Two Poems by Morton Marcus
DAWN
At sunrise
pebbles tremble,
trees shake.
Stones jostle
in an ancient hut
above the Balkan valley
where all the things
that disappear
beneath the earth-
thigh bones, combs,
winecups and wedding rings-
Lie hidden, still.
Surely on such
a morning as this
the sunlight spearing
into a dark corner
must be glinting
on the lost key
that unlocks
the staircase
into the earth
where all the bones
that have disappeared
will climb once more
into the light,
singing songs
of hallelujah.
I should know better.
Each dawn
this battered planet
repairs itself
in the only way
it can-burying fists
and rusty knives.
THE OTHER
-1-
It doesn’t take long in this world
to realize that you’re the other:
that the fried chicken and mashed potatoes,
arranged beside the buttered broccoli,
is a meal someone else won’t eat;
that the GI blown apart in Asia,
bits of hair and intestine
plastered to the banyan leaves, isn’t you,
and that the high school athlete paralyzed for life
isn’t you, either. They’re your brother
or your friend, cousin or acquaintance.
Maybe a stranger.
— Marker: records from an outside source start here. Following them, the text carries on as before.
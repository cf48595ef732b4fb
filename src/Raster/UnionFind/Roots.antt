-- ===== src/Raster/UnionFind/Roots.antt =====
-- The root of a label, as a function: what `find` of worker/emi_worker/raster.py is stated against.
use emi_analyzer.Base.{
  ℕ, zero, suc, ◌≤◌, ◌<◌, Option, none, some, List, [], ◌∷◌, ◌≡◌, refl, sym, ap, arith, ◌∙◌, length,
  get_elem?,
}
use native.Mathlib.Decide.{ℕ_discrete}
use emi_analyzer.Raster.UnionFind.{root_from}

-- No parent is larger than its child.
abbrev pub IsForest : List ℕ → Type 0
IsForest p = (i y : ℕ) → get_elem? p i ≡ some y → y ≤ i

abbrev pub parent_or : Option ℕ → ℕ → ℕ
parent_or none x = x
parent_or (some y) x = y

abbrev root_fuel : ℕ → List ℕ → ℕ → ℕ
root_fuel zero p x = x
root_fuel (suc f) p x = root_fuel f p (parent_or (get_elem? p x) x)

-- The end of the path up from a label.
pub root : List ℕ → ℕ → ℕ
root p x = root_fuel x p x

pub get_elem?-lt : (p : List ℕ) (i : ℕ) → i < length p → (y : ℕ) × (get_elem? p i ≡ some y)
get_elem?-lt [] i h = absurd (omega arith)
get_elem?-lt (x ∷ p) zero h = (x, refl)
get_elem?-lt (x ∷ p) (suc i) h = get_elem?-lt p i (omega arith)

pub parent_le : (p : List ℕ) → IsForest p → (x : ℕ) → parent_or (get_elem? p x) x ≤ x
parent_le p w x = ground (arith, w x (parent_or (get_elem? p x) x))

-- A root stays where it is.
root_fuel-stay :
    (f : ℕ) (p : List ℕ) (x : ℕ) → parent_or (get_elem? p x) x ≡ x → root_fuel f p x ≡ x
root_fuel-stay zero p x h = refl
root_fuel-stay (suc f) p x h = rw h (root_fuel-stay f p x h)

root_fuel-enough :
    (f g : ℕ) (p : List ℕ) (x : ℕ) → IsForest p → x ≤ f → x ≤ g → root_fuel f p x ≡ root_fuel g p x
root_fuel-enough zero zero p x w hf hg = refl
root_fuel-enough zero (suc g) p x w hf hg =
    sym (root_fuel-stay (suc g) p x (omega (arith, parent_le p w x)))
root_fuel-enough (suc f) zero p x w hf hg =
    root_fuel-stay (suc f) p x (omega (arith, parent_le p w x))
root_fuel-enough (suc f) (suc g) p x w hf hg = elim (ℕ_discrete (parent_or (get_elem? p x) x) x) [
  | yes same ↦ root_fuel-stay (suc f) p x same ∙ sym (root_fuel-stay (suc g) p x same)
  | no up ↦
      let le = parent_le p w x in
      root_fuel-enough f g p (parent_or (get_elem? p x) x) w (omega arith) (omega arith)
]

-- The path goes on from the parent.
pub root-parent :
    (p : List ℕ) (x : ℕ) → IsForest p → root p x ≡ root p (parent_or (get_elem? p x) x)
unfolding root
root-parent p x w =
    root_fuel-enough x (suc x) p x w (omega arith) (omega arith)
    ∙ root_fuel-enough x (parent_or (get_elem? p x) x) p (parent_or (get_elem? p x) x) w
        (parent_le p w x) (omega arith)

root_fuel_end :
    (f : ℕ) (p : List ℕ) (x : ℕ)
    → IsForest p
    → x ≤ f
    → (parent_or (get_elem? p (root_fuel f p x)) (root_fuel f p x) ≡ root_fuel f p x)
      × (root_fuel f p x ≤ x)
root_fuel_end zero p x w h = (omega (arith, parent_le p w x), omega arith)
root_fuel_end (suc f) p x w h = elim (ℕ_discrete (parent_or (get_elem? p x) x) x) [
  | yes same ↦ rw (root_fuel-stay (suc f) p x same) (same, omega arith)
  | no up ↦
      let le = parent_le p w x in
      let (fixed, less) = root_fuel_end f p (parent_or (get_elem? p x) x) w (omega arith) in
      (fixed, omega arith)
]

-- The root is its own parent, and no larger than the label.
pub root_end :
    (p : List ℕ) (x : ℕ)
    → IsForest p
    → (parent_or (get_elem? p (root p x)) (root p x) ≡ root p x) × (root p x ≤ x)
unfolding root
root_end p x w = root_fuel_end x p x w (omega arith)

pub root-fixed : (p : List ℕ) (x : ℕ) → parent_or (get_elem? p x) x ≡ x → root p x ≡ x
unfolding root
root-fixed p x h = root_fuel-stay x p x h

pub root-root : (p : List ℕ) (x : ℕ) → IsForest p → root p (root p x) ≡ root p x
root-root p x w = root-fixed p (root p x) (root_end p x w).0

-- The first loop of `find` ends at the root.
pub root_from-eq-root :
    (f : ℕ) (p : List ℕ) (x : ℕ)
    → IsForest p
    → x < length p
    → x < f
    → root_from f p x ≡ some (root p x)
unfolding root_from
root_from-eq-root zero p x w hx hf = absurd (omega arith)
root_from-eq-root (suc f) p x w hx hf =
    let (y, e) = get_elem?-lt p x hx in
    let up : root p x ≡ root p y = root-parent p x w ∙ ap (λ o. root p (parent_or o x)) e in
    elim (ℕ_discrete y x) [
      | yes same ↦ ground (arith, e, root-fixed p x (ap (λ o. parent_or o x) e ∙ same))
      | no other ↦
          let le = w x y e in
          ground (arith, e, up, root_from-eq-root f p y w (omega arith) (omega arith))
    ]
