-- ===== src/Raster/UnionFind/Merge.antt =====
-- `find` and `union` of worker/emi_worker/raster.py against the roots of labels.
use native.Mathlib.Decide.{ℕ_discrete}
use emi_analyzer.Base.{
  ℕ, zero, suc, ◌≤◌, ◌<◌, some, List, [], ◌∷◌, ◌≡◌, ◌≢◌, refl, sym, ap, arith, ◌∙◌, length,
  get_elem?, set, ltb, ◌==◌, ◌&&◌, if◌then◌else◌,
}
use emi_analyzer.Raster.UnionFind.Roots.{
  IsForest, parent_or, parent_le, root, root-parent, root_end, root-fixed,
}

get_elem?-set :
    (p : List ℕ) (i j v : ℕ)
    → get_elem? (set p i v) j ≡ (if (i == j) && ltb i (length p) then some v else get_elem? p j)
get_elem?-set [] i j v = ground arith
get_elem?-set (x ∷ p) zero zero v = ground arith
get_elem?-set (x ∷ p) zero (suc j) v = ground arith
get_elem?-set (x ∷ p) (suc i) zero v = ground arith
get_elem?-set (x ∷ p) (suc i) (suc j) v = ground (arith, get_elem?-set p i j v)

pub length-set : (p : List ℕ) (i v : ℕ) → length (set p i v) ≡ length p
length-set [] i v = refl
length-set (x ∷ p) zero v = refl
length-set (x ∷ p) (suc i) v = ap suc (length-set p i v)

module _ (p : List ℕ) (w : IsForest p) (x r : ℕ) (hx : x < length p) (hr : r ≤ x) where
  pub IsForest-set : IsForest (set p x r)
  IsForest-set i y e = ground (arith, get_elem?-set p x i r, w i y)

  parent-set_ne :
      (y : ℕ) → y ≢ x → parent_or (get_elem? (set p x r) y) y ≡ parent_or (get_elem? p y) y
  parent-set_ne y ne = ground (arith, get_elem?-set p x y r)

  parent-set_self : parent_or (get_elem? (set p x r) x) x ≡ r
  parent-set_self = ground (arith, get_elem?-set p x x r)

  module _ (r_root : parent_or (get_elem? p r) r ≡ r) where
    root-set_root : root (set p x r) r ≡ r
    root-set_root = root-fixed (set p x r) r (elim (ℕ_discrete r x) [
      | yes same ↦ ap (λ (i : ℕ). parent_or (get_elem? (set p x r) i) i) same ∙ parent-set_self
      | no other ↦ parent-set_ne r other ∙ r_root
    ])

    root-set_self : root (set p x r) x ≡ r
    root-set_self =
        root-parent (set p x r) x IsForest-set
        ∙ ap (root (set p x r)) parent-set_self
        ∙ root-set_root

    -- The roots after `parent[x] = r`, where `x` stood under `s` or was the root `s`.
    root-set_ne :
        (y : ℕ) → y ≢ x → root (set p x r) y ≡ root (set p x r) (parent_or (get_elem? p y) y)
    root-set_ne y other =
        root-parent (set p x r) y IsForest-set ∙ ap (root (set p x r)) (parent-set_ne y other)

  -- Giving a label its own root as its parent moves no label's root.
  pub root-compress : r ≡ root p x → (n y : ℕ) → y < n → root (set p x r) y ≡ root p y
  root-compress same zero y h = absurd (omega arith)
  root-compress same (suc n) y h =
      let r_root : parent_or (get_elem? p r) r ≡ r = rw same (root_end p x w).0 in
      elim (ℕ_discrete y x) [
        | yes here ↦ rw here (root-set_self r_root ∙ same)
        | no other ↦ elim (ℕ_discrete (parent_or (get_elem? p y) y) y) [
          | yes fixed ↦
              root-fixed (set p x r) y (parent-set_ne y other ∙ fixed) ∙ sym (root-fixed p y fixed)
          | no up ↦
              let le = parent_le p w y in
              root-set_ne r_root y other
              ∙ root-compress same n (parent_or (get_elem? p y) y) (omega arith)
              ∙ sym (root-parent p y w)
        ]
      ]

  -- Giving a root another root as its parent moves exactly the labels under it.
  pub root-link :
      parent_or (get_elem? p r) r ≡ r
      → parent_or (get_elem? p x) x ≡ x
      → (n y : ℕ) → y < n
      → root (set p x r) y ≡ (if root p y == x then r else root p y)
  root-link r_root x_root zero y h = absurd (omega arith)
  root-link r_root x_root (suc n) y h = elim (ℕ_discrete y x) [
    | yes here ↦ ground (
      arith,
      ap (root p) here,
      ap (root (set p x r)) here,
      root-set_self r_root,
      root-fixed p x x_root,
    )
    | no other ↦ elim (ℕ_discrete (parent_or (get_elem? p y) y) y) [
      | yes fixed ↦
          ground
            (arith, root-fixed (set p x r) y (parent-set_ne y other ∙ fixed), root-fixed p y fixed)
      | no up ↦
          let le = parent_le p w y in
          root-set_ne r_root y other
          ∙ root-link r_root x_root n (parent_or (get_elem? p y) y) (omega arith)
          ∙ ap (λ (z : ℕ). if z == x then r else z) (sym (root-parent p y w))
    ]
  ]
Maybe.
But you are always the other,
the one who survives, who chews the chicken,
lopes into the end-zone, and dates the girl
he watched from across the street.
And when you fumble among her springing straps,
he is beside you, reaching out
like a breeze through the curtains,
circling your body and hers,
wrapping you both in a warm wind.
-2-
The coffee steams up from the white cup: nutty,
a chocolate sweetened with the rich, dark earth,
with all the dreams sighing in the rich, dark earth,
all the unaccomplished dreams of the dead.
You sip the coffee,
lumber through the tunnel of each day,
eat, dance, make love, imagining eyes that watch
from the road not taken, the tree not climbed,
the woman not loved,
the auto crash you did not die in.
And because even the strongest men
beat fists on their foreheads,
asking, “Why me? Why him? Why? Why?”
and only the wind answers, the wind
and the tall darkness;
because we begin and end
in that darkness-this life,
which we didn’t want and never asked for,
is, at least for a time, a sort of answer;
is, for a time, a sort of reason;
is, right now, the only reason
to holler a greeting at the sun,
grab our loneliness with both hands
and waltz with it around the living room,
until our breath is gone and our heart aches
for love, for life, for all the dead.